La presión competitiva es de doble filo. Por un lado, Vaulta compite con L1 de propósito general y alto rendimiento (entornos de ejecución de clase Solana) que ya cuentan con liquidez profunda y la preferencia de los desarrolladores; por otro, compite con L2 de Ethereum y rollups específicos de aplicaciones que pueden ofrecer cada vez más una ejecución de baja latencia heredando las garantías de liquidación de Ethereum.
La diferenciación de Vaulta —finalidad determinista rápida más controles de cuenta nativos más eficiencia de RAM/estado— solo importa si se traduce en aplicaciones que los usuarios realmente eligen, y el modesto TVL de DeFi de la cadena en relación con su aspiracional posicionamiento como “sistema operativo financiero” resalta una amenaza económica clásica: sin demanda orgánica de aplicaciones, los rendimientos de staking y los incentivos del ecosistema corren el riesgo de convertirse en la principal herramienta de retención, lo que rara vez es duradero en ausencia de una generación real de comisiones.

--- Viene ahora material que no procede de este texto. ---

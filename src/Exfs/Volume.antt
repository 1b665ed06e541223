-- ===== src/Exfs/Volume.antt =====
-- source/core/exfs/exfs.c and exfs.h: the state of the mounted volume, its blocks and its free
-- space. `Nodes` is the part of `V` that no device stands behind; `V.dev` is the device of the
-- group map. The flags are Booleans.
use xasmos.Base.{
  ℕ, zero, suc, ◌+◌, ◌*◌, ◌/◌, ◌%◌, ◌^◌, Bool, true, false, not, ◌||◌, Option, none, some, ltb,
  ◌==◌, if◌then◌else◌, add64, update,
}
use xasmos.Bitmap.{Bits}
use xasmos.Block.Device.{Buffer, BlkDev, blk_read, blk_write, blk_sector_size, blk_sector_count}
use xasmos.Exfs.Format.{Page, block_size, data_start, itab_area0, itab_area1}
use xasmos.Exfs.Superblock.{max_blocks}
use xasmos.Exfs.GroupMap.{GMap, is_ok, device_after, buffer_after}
use xasmos.Exfs.GroupOps.{Taken, got, missed, gmap_take, gmap_release}

abbrev pub name_max : ℕ
name_max = 95

abbrev pub exfs_inl : ℕ
exfs_inl = 8

abbrev pub ind_ext : ℕ
ind_ext = 254

abbrev pub max_ext : ℕ
max_ext = 2048

abbrev pub max_chain : ℕ
max_chain = 16

abbrev pub defer_max : ℕ
defer_max = 8192

abbrev pub pool_ext : ℕ
pool_ext = 16384

abbrev pub type_file : ℕ
type_file = 0

abbrev pub type_dir : ℕ
type_dir = 1

pub data ExfsStatus : Type 0 where
  exfs_ok enoent enospc eio enofs eexist einval ebroken enomem eisdir enotempty : ExfsStatus

-- A C array of characters.
abbrev pub CharArray : Type 0
CharArray = ℕ → ℕ

pub record ExfsExtent : Type 0 where
  pub start : ℕ
  pub len : ℕ

pub record ExfsFile : Type 0 where
  pub used : Bool
  pub type : ℕ
  pub size : ℕ
  pub name : CharArray
  pub n : ℕ
  pub ext_off : ℕ
  pub ext_cap : ℕ
  pub nchain : ℕ
  pub chain : ℕ → ℕ
  pub dirty : Bool

pub record Nodes : Type 0 where
  pub files : ℕ → ExfsFile
  pub pool : ℕ → ExfsExtent
  pub pool_used : Bits
  pub defer : ℕ → ExfsExtent
  pub ndefer : ℕ
  pub fresh : ℕ → ExfsExtent
  pub stage : ℕ → ExfsExtent
  pub nstage : ℕ
  pub dirty : Bool

pub record Volume {ℓ} (D : Type ℓ) : Type ℓ where
  pub spb : ℕ
  pub total : ℕ
  pub gen : ℕ
  pub itab_start : ℕ
  pub mounted : Bool
  pub broken : Bool
  pub gm : GMap D
  pub hint : ℕ
  pub nodes : Nodes
  pub page : Page
  pub itab : Buffer

-- FEXT(f)[i]
abbrev pub fext : Nodes → ExfsFile → ℕ → ExfsExtent
fext s f i = s.pool (f.ext_off + i)

unfoldable pub itab_area : ℕ → ℕ
itab_area gen = if gen % 2 == 0 then itab_area0 else itab_area1

-- Whether the write succeeded, and the volume.
unfoldable pub blk_put {ℓ} : {D : Type ℓ} → ℕ → Buffer → Volume D → Bool × Volume D
blk_put b buf v =
    let (rc, d) = blk_write (some v.gm.dev) (b * v.spb % 2 ^ 64) v.spb (some buf) in
    (is_ok rc, record v { gm = record v.gm { dev = device_after d v.gm.dev } })

-- Whether the read succeeded, and the buffer.
unfoldable pub blk_got {ℓ} : {D : Type ℓ} → ℕ → Buffer → Volume D → Bool × Buffer
blk_got b buf v =
    let (rc, b') = blk_read (some v.gm.dev) (b * v.spb % 2 ^ 64) v.spb (some buf) in
    (is_ok rc, buffer_after b' buf)

-- `spb` and `total`; `none` is EXFS_ENOFS.
unfoldable pub geometry {ℓ} : {D : Type ℓ} → BlkDev D → Option (ℕ × ℕ)
geometry d =
    let ss = blk_sector_size (some d) in
    let total = blk_sector_count (some d) * ss % 2 ^ 64 / block_size in
    if (ss == 0) || not (block_size % ss == 0)
    then none
    else if ltb total (data_start + 16) || ltb max_blocks total
    then none
    else some (block_size / ss, total)

-- What `take_extent` returns for an answer of `gmap_take`: the length taken, the extent, and the
-- volume.
unfoldable pub taken_extent {ℓ} :
    {D : Type ℓ} → Taken → ExfsExtent → Volume D → ℕ × ExfsExtent × Volume D
taken_extent (missed e) out v = (0, out, v)
taken_extent (got start len) out v = (
  len % 2 ^ 32,
  record { start = start; len = len % 2 ^ 32 },
  record v { hint = add64 start len },
)

-- `out` is what the extent held.
unfoldable pub take_extent {ℓ} :
    {D : Type ℓ} → ℕ → ExfsExtent → Volume D → ℕ × ExfsExtent × Volume D
take_extent need out v =
    let (r, gm) = gmap_take v.hint need v.gm in taken_extent r out (record v { gm = gm })

-- The loop over the fresh extents: rounds left, and index.
unfoldable pub release_from {ℓ} : {D : Type ℓ} → ℕ → ℕ → (ℕ → ExfsExtent) → GMap D → GMap D
release_from zero i fresh m = m
release_from (suc n) i fresh m =
    release_from n (i + 1) fresh (gmap_release (fresh i).start (fresh i).len m).1

unfoldable pub release_fresh {ℓ} : {D : Type ℓ} → ℕ → Volume D → Volume D
release_fresh n v = record v { gm = release_from n 0 v.nodes.fresh v.gm }

-- V.files[i] = f
abbrev pub set_file : ℕ → ExfsFile → Nodes → Nodes
set_file i f s = record s { files = update s.files i f }

abbrev pub is_success : ExfsStatus → Bool
is_success exfs_ok = true
is_success e = false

Finalmente, la eliminación del soporte EVM en 2025 es un arma de doble filo: consolidarse en torno a la capa nativa puede reducir la fragmentación, pero también puede reducir la compatibilidad de entrada para desarrolladores si los equipos prefieren entornos EVM totalmente soportados.
¿Cuál es la perspectiva futura de Vaulta?
Los hitos verificados del último año se han centrado en la consolidación del ecosistema y la transición de identidad más que en un hard fork llamativo: el proceso de canje EOS→A del 14 de mayo de 2025, seguido de cambios operativos para alinear la infraestructura y la mecánica del gas en torno a A, y el final, en octubre de 2025, del soporte de infraestructura Vaulta EVM operado por la Fundación con un cambio del token de gas a A para los flujos de puente.
En el lado del protocolo central, la referencia técnica actual de Vaulta apunta a la pila Antelope Spring v1.x bajo una Business Source License y destaca la finalidad “Savanna”, al tiempo que señala que está en preparación un documento formal, lo que sugiere que parte de la hoja de ruta a corto plazo es formalizar y estandarizar la documentación técnica en torno a sus afirmaciones de consenso/finalidad para auditores, exchanges e integradores institucionales.
Los obstáculos estructurales tienen menos que ver con el rendimiento bruto y más con la credibilidad y el uso sostenido. Vaulta necesita demostrar que su categoría de “banca Web3” no es simplemente DeFi renombrado, lo que significa construir aplicaciones que puedan soportar la selección adversa (productos de crédito, rendimiento y RWA son donde se exponen los controles de riesgo débiles) mientras aumenta el TVL y la actividad de usuarios sin depender de incentivos reflexivos.
También necesita mostrar que la integración con Bitcoin a través de exSat crea flujos medibles y atribuibles que se acumulan en la capa de ejecución de Vaulta en lugar de existir como un ecosistema adyacente con un desbordamiento limitado.
Por último, la percepción de la gobernanza y las licencias importa: los usuarios institucionales analizarán con atención cómo se ejerce la autoridad de actualización en un modelo DPoS + multisig y cómo la postura BSL en torno al software principal afecta la neutralidad a largo plazo y el riesgo de dependencia de proveedores, especialmente si Vaulta se posiciona como una capa de liquidación para actividad financiera regulada.